# A heads up



## Bill Gruby (Sep 5, 2013)

While we are talking precision tooling , on ebay there are two Moore Edge Finders up for grabs. I have one of these and have found nothing that is more accurate for set-ups. They are by no means cheap but these to are at the low end of the price range.

 They are simple to use. Attach your DI to the quill. Put the edge finder on the edge, hole up. Lower the stylus into the hole. When the indicator reads 0 left and 0 right you are dead on the edge. This is for X axis, Y axis would be front to back.

 "Billy G"


----------



## Bill C. (Sep 6, 2013)

Bill Gruby said:


> While we are talking precision tooling , on ebay there are two Moore Edge Finders up for grabs. I have one of these and have found nothing that is more accurate for set-ups. They are by no means cheap but these to are at the low end of the price range.
> 
> They are simple to use. Attach your DI to the quill. Put the edge finder on the edge, hole up. Lower the stylus into the hole. When the indicator reads 0 left and 0 right you are dead on the edge.

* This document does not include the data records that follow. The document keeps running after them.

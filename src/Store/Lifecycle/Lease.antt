-- ===== src/Store/Lifecycle/Lease.antt =====
-- internal/jobs/store.go: the job of a worker, for as long as its lease runs.
use mathlib.Core.Option
use jobqueue.Common.{
  ◌==◌, if◌then◌else◌, Bool-cases, some_injective, ℤ, pos, Text, text_eq, text_eq_refl, ℕ, ◌≤◌, ◌≡◌,
  refl, sym, ap, subst, ◌∙◌, ◌≢◌, inl, inr, Bool, true, false, ◌&&◌, some, List, [], ◌∷◌, arith,
}
use jobqueue.Jobs.{Job, running, ok}
use jobqueue.Jobs.Backoff.{delay, BackoffConfig}
use jobqueue.Store.{find, update_one, update, has_id, is_pending, is_held, Db, Clock}
use jobqueue.Store.Rows.{Descending-find_lt, find_id-update, find_id-update_hit}
use jobqueue.Store.Reads.{create}
use jobqueue.Store.Claim.{claim}
use jobqueue.Store.Claim.Outcome.{claimed_miss, claim_cases}
use jobqueue.Store.Report.{
  renew_row, renew_lease, complete_row, fail_row, complete, fail_write, cancel_row, cancel, Report,
  fits_integer,
}
use jobqueue.Store.Report.Fencing.{is_holder, complete_answer}
use jobqueue.Store.Reap.Effect.{sweep_outcome}
use jobqueue.Store.Machine.{
  step, run, Call, creates, claims, renews, completes, fails, cancels, reaps, registers, beats,
}
use jobqueue.Store.Invariant.{IsWellFormed}
use jobqueue.Store.Invariant.Steps.{head_pending}
use jobqueue.Store.Invariant.Runs.{step-IsWellFormed}
use jobqueue.Store.Lifecycle.Steps.{register_worker-jobs, heartbeat-jobs}
use jobqueue.Store.Report.Updates.{
  is_reported, complete-jobs, fail_write-jobs, renew_lease-jobs, cancel-jobs,
}

module _ (i : ℕ) (w : Text) where
  -- The row of a job that the worker runs under a lease that ends at t.
  pub record IsLeased (t : ℕ) (j : Job) : Type 0 where
    pub same_id : j.id ≡ i
    pub runs : j.status ≡ running
    pub owned : j.worker_id ≡ some w
    pub until : j.lease_until ≡ some t

  -- The job's own worker speaks.
  abbrev is_own : ℕ → Text → Bool
  is_own k v = i == k && text_eq w v

  -- The end of the lease behind a call: a renewal by the worker moves it.
  abbrev lease_end : Clock → Call → ℕ → ℕ
  lease_end c (renews k v lease) t = if is_own k v then c.after lease else t
  lease_end c _ t = t

  -- The calls that leave the worker its job: not its own report, and no sweep later than the end of the
  -- lease.
  abbrev IsHarmless : Clock → Call → ℕ → Type 0
  IsHarmless c (completes k v res) t = is_own k v ≡ false
  IsHarmless c (fails attempts k v res) t = is_own k v ≡ false
  IsHarmless c (reaps locked batch) t = c.now ≤ t
  IsHarmless c _ t = Unit {0}

  abbrev pub AreHarmless : ℕ → List (Clock × Call) → Type 0
  AreHarmless t [] = Unit {0}
  AreHarmless t ((c, call) ∷ ss) = IsHarmless c call t × AreHarmless (lease_end c call t) ss

  -- The row of the job in the tables.
  abbrev Keeps : ℕ → Job → Db → Type 0
  Keeps t j db =
      (k : Job) × (find (has_id i) db.jobs ≡ some k) × IsLeased t k × (k.attempts ≡ j.attempts)

  held_iff : (t : ℕ) (j : Job) (k : ℕ) (v : Text) → IsLeased t j → is_held k v j ≡ is_own k v
  held_iff t j k v h = rw (h.same_id, h.runs, h.owned) refl

  reported_own :
      (t : ℕ) (j : Job) (k : ℕ) (v : Text) (res : Report)
      → IsLeased t j
      → is_own k v ≡ false
      → is_reported k v res j ≡ false
  reported_own t j k v res h n = ground (arith, held_iff t j k v h)

  renewed_row :
      (c : Clock) (lease : ℤ) (t : ℕ) (j : Job)
      → IsLeased t j
      → IsLeased (c.after lease) (renew_row c lease j)
  unfolding renew_row
  renewed_row c lease t j h = record {
    same_id = h.same_id;
    runs = h.runs;
    owned = h.owned;
    until = refl;
  }

  -- An UPDATE that passes the row over.
  update_other :
      (p : Job → Bool) (f : Job → Job) (t : ℕ) (j : Job) (db db' : Db)
      → ((j : Job) → (f j).id ≡ j.id)
      → db'.jobs ≡ update p f db.jobs
      → find (has_id i) db.jobs ≡ some j
      → IsLeased t j
      → p j ≡ false
      → Keeps t j db'
  update_other p f t j db db' same e s h n = (
    j,
    ap (find (has_id i)) e
        ∙ find_id-update p f same i db.jobs
        ∙ ap (Option.map (update_one p f)) s
        ∙ rw n refl,
    h,
    refl,
  )

  module _ (backoff : BackoffConfig) where
    claim-Keeps :
        (c : Clock) (locked : ℕ → Bool) (v : Text) (lease : ℤ) (t : ℕ) (j : Job) (db : Db)
        → IsWellFormed db
        → find (has_id i) db.jobs ≡ some j
        → IsLeased t j
        → Keeps t j (claim c locked v lease db).1
    claim-Keeps c locked v lease t j db wf s h =
        claim_cases c locked v lease (Keeps t j) db wf.ids (j, s, h, refl)
          λ k head.
            let ne : i ≢ k.id = λ e.
              let same : k ≡ j =
                some_injective (sym head.stored ∙ ap (λ n. find (has_id n) db.jobs) (sym e) ∙ s) in
              let waits : is_pending j.status ≡ true =
                subst (λ x. is_pending x.status ≡ true) same
                  (head_pending c.now locked db.jobs k head) in
              absurd (cc (rw h.runs at waits)) in
            (j, claimed_miss c locked v lease db k i ne ∙ s, h, refl)

    renew-Keeps :
        (c : Clock) (k : ℕ) (v : Text) (lease : ℤ) (t : ℕ) (j : Job) (db : Db)
        → find (has_id i) db.jobs ≡ some j
        → IsLeased t j
        → Keeps (lease_end c (renews k v lease) t) j (renew_lease c k v lease db).1
    renew-Keeps c k v lease t j db s h = elim (Bool-cases (is_own k v)) [
      | inl y ↦
          let held : is_held k v j ≡ true = held_iff t j k v h ∙ y in
          (
            renew_row c lease j,
            ap (find (has_id i)) (renew_lease-jobs c k v lease db)
                ∙ find_id-update_hit (is_held k v) (renew_row c lease)
                    (unfold renew_row in λ j. refl) i db.jobs j s held,
            rw y (renewed_row c lease t j h),
            unfold renew_row in refl,
          )
      | inr n ↦ rw n (
          update_other (is_held k v) (renew_row c lease) t j db (renew_lease c k v lease db).1
            (unfold renew_row in λ j. refl) (renew_lease-jobs c k v lease db) s h
            (held_iff t j k v h ∙ n))
    ]

    step-Keeps :
        (c : Clock) (call : Call) (t : ℕ) (j : Job) (db : Db)
        → IsWellFormed db
        → find (has_id i) db.jobs ≡ some j
        → IsLeased t j
        → IsHarmless c call t
        → Keeps (lease_end c call t) j (step backoff db (c, call))
    unfolding step
    step-Keeps c (creates type payload n) t j db v s h ok' = (
      j,
      unfold create find in ground (arith, Descending-find_lt db.next_id i db.jobs {j = j} v.ids s),
      h,
      refl,
    )
    step-Keeps c (claims locked u lease) t j db v s h ok' =
        claim-Keeps c locked u lease t j db v s h
    step-Keeps c (renews k u lease) t j db v s h ok' = renew-Keeps c k u lease t j db s h
    step-Keeps c (completes k u res) t j db v s h ok' =
        update_other (is_reported k u res) (complete_row c u res) t j db (complete c k u res db).1
          (unfold complete_row in λ j. refl) (complete-jobs c k u res db) s h
          (reported_own t j k u res h ok')
    step-Keeps c (fails attempts k u res) t j db v s h ok' =
        update_other (is_reported k u res) (fail_row c (delay backoff (pos attempts)) u res) t j db
          (fail_write c backoff attempts k u res db).1 (unfold fail_row in λ j. refl)
          (fail_write-jobs c backoff attempts k u res db) s h (reported_own t j k u res h ok')
    step-Keeps c (cancels k) t j db v s h ok' =
        update_other (λ x. x.id == k && is_pending x.status) (cancel_row c) t j db (cancel c k db).1
          (unfold cancel_row in λ j. refl) (cancel-jobs c k db) s h (ground (arith, h.runs))
    step-Keeps c (reaps locked batch) t j db v s h ok' =
        let (kept, _, _) = sweep_outcome c backoff locked batch db i j v.ids s in
        (j, kept (ground (arith, h.runs, h.until)), h, refl)
    step-Keeps c (registers u hostname) t j db v s h ok' =
        (j, ap (find (has_id i)) (register_worker-jobs c u hostname db) ∙ s, h, refl)
    step-Keeps c (beats u) t j db v s h ok' =
        (j, ap (find (has_id i)) (heartbeat-jobs c u db) ∙ s, h, refl)

    run-Keeps :
        (ss : List (Clock × Call)) (t : ℕ) (j : Job) (db : Db)
        → IsWellFormed db
        → find (has_id i) db.jobs ≡ some j
        → IsLeased t j
        → AreHarmless t ss
        → (k : Job) × (find (has_id i) (run backoff db ss).jobs ≡ some k)
          × (k.status ≡ running)
          × (k.worker_id ≡ some w)
          × (k.attempts ≡ j.attempts)
          × IsWellFormed (run backoff db ss)
    unfolding run
    run-Keeps [] t j db v s h ok' = (j, s, h.runs, h.owned, refl, v)
    run-Keeps ((c, call) ∷ ss) t j db v s h ok' =
        let (k, e, h', a) = step-Keeps c call t j db v s h ok'.0 in
        let (l, e', r, o, a', v') =
          run-Keeps ss (lease_end c call t) k (step backoff db (c, call))
            (step-IsWellFormed backoff db (c, call) v) e h' ok'.1 in
        (l, e', r, o, a' ∙ a, v')

    -- A lease keeps the job for its worker. From well-formed tables where a worker runs a job, after any calls of
    -- the store but the worker's own report on it, and but sweeps later than the lease, whose end each
    -- renewal by the worker moves, the job is still RUNNING under the worker, at the same
    -- attempt: no claim, report of another worker, cancellation or sweep takes it. The worker's completion,
    -- with an exit code that is an INTEGER, is then accepted.
    pub lease_lem :
        (ss : List (Clock × Call)) (t : ℕ) (j : Job) (db : Db) (c : Clock) (res : Report)
        → IsWellFormed db
        → find (has_id i) db.jobs ≡ some j
        → IsLeased t j
        → AreHarmless t ss
        → fits_integer res.exit_code ≡ true
        → let db' = run backoff db ss in
          (k : Job) × (find (has_id i) db'.jobs ≡ some k)
          × (k.status ≡ running)
          × (k.worker_id ≡ some w)
          × (k.attempts ≡ j.attempts)
          × ((complete c i w res db').0 ≡ ok (complete_row c w res k))
    lease_lem ss t j db c res v s h ok' fits =
        let (k, e, r, o, a, v') = run-Keeps ss t j db v s h ok' in
        let holds : is_holder w k ≡ true = rw (r, o) (text_eq_refl w) in
        let answer = complete_answer c i w res fits (run backoff db ss) k v'.ids e in
        (k, e, r, o, a, ap (λ x. x.0) (rw holds at answer))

This is for X axis, Y axis would be front to back.
> 
> "Billy G"



I have never seen one of those used in my shop experience.  Thanks


----------



## lrsglory (Sep 6, 2013)

Bill Gruby said:


> While we are talking precision tooling , on ebay there are two Moore Edge Finders up for grabs. I have one of these and have found nothing that is more accurate for set-ups. They are by no means cheap but these to are at the low end of the price range.
> 
> They are simple to use. Attach your DI to the quill. Put the edge finder on the edge, hole up. Lower the stylus into the hole. When the indicator reads 0 left and 0 right you are dead on the edge. This is for X axis, Y axis would be front to back.
> 
> "Billy G"



Larry Smith here: Thats a lot of money for an edge finder. I could get within .0005 with a dowel pin, good collet, and a piece of cigarette paper, roll yur own kind. Back in the day. One I used frequently when things had to be close. Looks like it works the same way. See the pics. Don't remember it cost near that much. Lots of ways to skin that cat !


----------



## Bill C. (Sep 6, 2013)

Bill C. said:


> I have never seen one of those used in my shop experience.  Thanks



Did a little more research on this edge finder. Those Gage Builders must nerves of steel to hold those tolerances of a few millionths of an inch.  I never had a part the called for a one-tenth of inch from the edge location.  I always used a wiggler or spring loaded edge finder.


----------



## Bill Gruby (Sep 7, 2013)

lrsglory said:


> Larry Smith here: Thats a lot of money for an edge finder. I could get within .0005 with a dowel pin, good collet, and a piece of cigarette paper, roll yur own kind. Back in the day. One I used frequently when things had to be close. Looks like it works the same way. See the pics. Don't remember it cost near that much. Lots of ways to skin that cat !
> View attachment 60177
> View attachment 60178




It's not a lot of money if you take into account its original intended use. It was used to set up a jig bore. The tolerances there are much closer than normal. As for our use, yes it could be called extravagant.

 "Billy G"


----------



## george wilson (Sep 7, 2013)

Use Zig Zag cigarette papers. They are more consistent in thickness than others.


----------



## OldMachinist (Sep 7, 2013)

I think most of us could get away with using one of these http://www.wttool.com/index/page/pr...ge+Finder+(USA)&update_continue_shopping=true 

I use this one to find the corner of parts.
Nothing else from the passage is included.